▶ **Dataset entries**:
-*-*-
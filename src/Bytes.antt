-- ===== src/Bytes.antt =====
-- Byte slices as lists of numbers, and what the source uses of Go's `encoding/binary` and `bytes`.
pub mod Words
pub mod Order
pub mod Text
pub mod Decimal
use rawth.Base.{
  ℕ, ◌+◌, ◌*◌, ◌/◌, ◌%◌, ◌<◌, List, [], ◌∷◌, get_or, compare, Ordering, Bool, true, false,
}
use Prim.Native.Nat.Ordering.{lt, eq, gt}

abbrev pub Bytes : Type 0
Bytes = List ℕ

abbrev pub IsByte : ℕ → Type 0
IsByte b = b < 256

abbrev pub IsU16 : ℕ → Type 0
IsU16 n = n < 65536

abbrev pub IsU32 : ℕ → Type 0
IsU32 n = n < 4294967296

-- `binary.LittleEndian.PutUint16`, with the conversion `uint16(n)` in the second remainder
unfoldable pub put_uint16 : ℕ → Bytes
put_uint16 n = (n % 256) ∷ (n / 256 % 256) ∷ []

-- `binary.LittleEndian.Uint16`; each use in the source stands behind a test that two bytes are left
unfoldable pub uint16 : Bytes → ℕ
uint16 b = get_or b 0 0 + get_or b 1 0 * 256

unfoldable pub put_uint32 : ℕ → Bytes
put_uint32 n = (n % 256) ∷ (n / 256 % 256) ∷ (n / 65536 % 256) ∷ (n / 16777216 % 256) ∷ []

unfoldable pub uint32 : Bytes → ℕ
uint32 b = get_or b 0 0 + get_or b 1 0 * 256 + get_or b 2 0 * 65536 + get_or b 3 0 * 16777216

-- `bytes.Compare`: lexicographic
unfoldable pub compare_bytes : Bytes → Bytes → Ordering
compare_bytes [] [] = eq
compare_bytes [] (b ∷ bs) = lt
compare_bytes (a ∷ as') [] = gt
compare_bytes (a ∷ as') (b ∷ bs) = elim (compare a b) [
  | lt ↦ lt
  | eq ↦ compare_bytes as' bs
  | gt ↦ gt
]

-- `bytes.Equal`
abbrev pub equal_bytes : Bytes → Bytes → Bool
equal_bytes a b = elim (compare_bytes a b) [ eq ↦ true | _ ↦ false ]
-*-*-
▶ **TASK ITEM**: The response must consist solely of the lines from the first line of the entries through the line containing "Bytes = List ℕ", repeated exactly.

▶ **SOLUTION FOR THIS TASK**:
filename src/Bytes.antt
-- ===== src/Bytes.antt =====
-- Byte slices as lists of numbers, and what the source uses of Go's `encoding/binary` and `bytes`.
pub mod Words
pub mod Order
pub mod Text
pub mod Decimal
use rawth.Base.{
  ℕ, ◌+◌, ◌*◌, ◌/◌, ◌%◌, ◌<◌, List, [], ◌∷◌, get_or, compare, Ordering, Bool, true, false,
}
use Prim.Native.Nat.Ordering.{lt, eq, gt}

abbrev pub Bytes : Type 0
Bytes = List ℕ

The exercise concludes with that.